Items from a dataset
|---|
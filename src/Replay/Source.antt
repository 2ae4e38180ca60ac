-- ===== src/Replay/Source.antt =====
-- The historical source of src/ai_trading_team/replay/source.py: what a decision may read and what its
-- outcome may read. The digest of a dataset is a parameter.
pub mod Apart
use my_team_tradding.Outcomes.{Candle, Timeframe, same_timeframe}
use my_team_tradding.Prelude.{
  Bool, List, Option, String, [], drop, filter, if◌then◌else◌, is_empty, leb, length, ltb, none,
  some, str_eq, take, ℕ, ◌&&◌, ◌+◌, ◌-◌, ◌==◌, ◌||◌, ◌∷◌,
}
use my_team_tradding.Prelude.Result.{Result, err, ok, ◌>>=◌}
use my_team_tradding.Replay.Clock.{
  DatasetPartition, ReplayError, ReplayErrorCategory, dataset_digest_mismatch, invalid_dataset,
  invalid_horizon, invalid_outcome_data, invalid_replay_clock, missing_as_of_observation,
  partition_violation,
}
use my_team_tradding.Time.{Datetime, normalize_utc}

pub record HistoricalSnapshotObservations : Type 0 where
  pub observation_id : String
  pub symbol : String
  pub effective_at : ℕ

pub record HistoricalDataset : Type 0 where
  pub dataset_digest : String
  -- `metadata.partitions`
  pub partitions : List DatasetPartition
  pub candles : List Candle
  pub snapshot_observations : List HistoricalSnapshotObservations

pub record FrozenReplayDecision : Type 0 where
  pub symbol : String
  pub decision_cutoff : ℕ

pub record OutcomeHorizon : Type 0 where
  pub max_bars : Option ℕ
  pub max_elapsed : Option ℕ

pub record DecisionView : Type 0 where
  pub dataset : HistoricalDataset
  pub partition : DatasetPartition
  pub cutoff : ℕ

pub record OutcomeView : Type 0 where
  pub dataset_digest : String
  pub partition : DatasetPartition
  pub cutoff : ℕ
  pub timeframe : Timeframe
  pub candles : List Candle

abbrev pub replay_error {ℓ} : {A : Type ℓ} → ReplayErrorCategory → String → Result ReplayError A
replay_error category message = err (record { category = category; message = message })

unfoldable pub make_source :
    (HistoricalDataset → String) → HistoricalDataset → Result ReplayError HistoricalDataset
make_source digest dataset =
    if str_eq (digest dataset) dataset.dataset_digest
    then ok dataset
    else replay_error dataset_digest_mismatch
        "historical dataset digest does not match canonical contents"

unfoldable pub find_partition : String → List DatasetPartition → Result ReplayError DatasetPartition
find_partition id [] =
    replay_error partition_violation "requested partition is not declared by the dataset"
find_partition id (partition ∷ rest) =
    let elsewhere = find_partition id rest in
    if str_eq partition.partition_id id then ok partition else elsewhere

abbrev pub is_out_of_range : DatasetPartition → ℕ → Bool
is_out_of_range partition moment =
    ltb moment partition.evaluation_start || leb partition.evaluation_end moment

unfoldable pub decision_view :
    HistoricalDataset → String → Datetime → Result ReplayError DecisionView
unfolding normalize_utc find_partition
decision_view dataset partition_id cutoff =
    normalize_utc
      (record { category = invalid_replay_clock; message = "replay cutoff must be timezone-aware" })
      cutoff
    >>= λ moment. find_partition partition_id dataset.partitions >>= λ partition.
        if is_out_of_range partition moment
        then replay_error partition_violation
            "decision cutoff is outside the partition evaluation range"
        else ok (record { dataset = dataset; partition = partition; cutoff = moment })

-- `candles[-count:]`
abbrev pub last_candles : ℕ → List Candle → List Candle
last_candles count candles = drop (length candles - count) candles

abbrev pub is_visible : DecisionView → String → Timeframe → Candle → Bool
is_visible view symbol timeframe candle =
    str_eq candle.symbol symbol
    && (same_timeframe candle.timeframe timeframe
        && (leb view.partition.context_start candle.open_time && leb candle.close_time view.cutoff))

unfoldable pub completed_candles :
    DecisionView → String → Timeframe → ℕ → Result ReplayError (List Candle)
completed_candles view symbol timeframe count =
    if count == 0 || ltb 5000 count
    then replay_error invalid_dataset "decision candle count must be between 1 and 5000"
    else ok (last_candles count (filter (is_visible view symbol timeframe) view.dataset.candles))

abbrev pub last_observation :
    List HistoricalSnapshotObservations → Result ReplayError HistoricalSnapshotObservations
last_observation [] =
    replay_error missing_as_of_observation "snapshot-capable as-of observations are unavailable"
last_observation (item ∷ []) = ok item
last_observation (item ∷ (next ∷ rest)) = last_observation (next ∷ rest)

unfoldable pub snapshot_observations :
    DecisionView → String → Result ReplayError HistoricalSnapshotObservations
snapshot_observations view symbol = last_observation (
    filter
      (λ item.
        str_eq item.symbol symbol
        && (leb view.partition.context_start item.effective_at
            && leb item.effective_at view.cutoff))
      view.dataset.snapshot_observations)

abbrev pub is_future : FrozenReplayDecision → DatasetPartition → Timeframe → Candle → Bool
is_future frozen partition timeframe candle =
    str_eq candle.symbol frozen.symbol
    && (same_timeframe candle.timeframe timeframe
        && (leb frozen.decision_cutoff candle.open_time
            && (ltb frozen.decision_cutoff candle.close_time
                && leb candle.close_time partition.evaluation_end)))

-- `candidates` within the horizon
abbrev pub within_elapsed :
    FrozenReplayDecision
    → DatasetPartition
    → List Candle
    → Option ℕ
    → Result ReplayError (List Candle)
within_elapsed frozen partition candidates none =
    replay_error invalid_horizon "finite horizon missing"
within_elapsed frozen partition candidates (some elapsed) = ok (
    filter
      (λ candle.
        leb candle.close_time (frozen.decision_cutoff + elapsed)
        && leb candle.close_time partition.evaluation_end)
      candidates)

abbrev pub within_bars :
    FrozenReplayDecision
    → DatasetPartition
    → List Candle
    → OutcomeHorizon
    → Option ℕ
    → Result ReplayError (List Candle)
within_bars frozen partition candidates horizon none =
    within_elapsed frozen partition candidates horizon.max_elapsed
within_bars frozen partition candidates horizon (some bars) = ok (take bars candidates)

unfoldable pub outcome_view :
    HistoricalDataset
    → FrozenReplayDecision
    → String
    → Timeframe
    → OutcomeHorizon
    → Result ReplayError OutcomeView
unfolding find_partition
outcome_view dataset frozen partition_id timeframe horizon =
    find_partition partition_id dataset.partitions >>= λ partition.
    if is_out_of_range partition frozen.decision_cutoff
    then replay_error partition_violation
        "frozen decision cutoff is outside the partition evaluation range"
    else (within_bars frozen partition
          (filter (is_future frozen partition timeframe) dataset.candles) horizon horizon.max_bars
        >>= λ selected.
            if is_empty selected
            then replay_error invalid_outcome_data
                "no completed post-decision candles exist inside the finite horizon"
            else ok (record {
              dataset_digest = dataset.dataset_digest;
              partition = partition;
              cutoff = frozen.decision_cutoff;
              timeframe = timeframe;
              candles = selected;
            }))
|---|
EXERCISE BRIEF: Using the entries above, return each line that includes the word "count".

TASK OUTPUT:
-- `candles[-count:]`
last_candles count candles = drop (length candles - count) candles
completed_candles view symbol timeframe count =
    if count == 0 || ltb 5000 count
    then replay_error invalid_dataset "decision candle count must be between 1 and 5000"
    else ok (last_candles count (filter (is_visible view symbol timeframe) view.dataset.candles))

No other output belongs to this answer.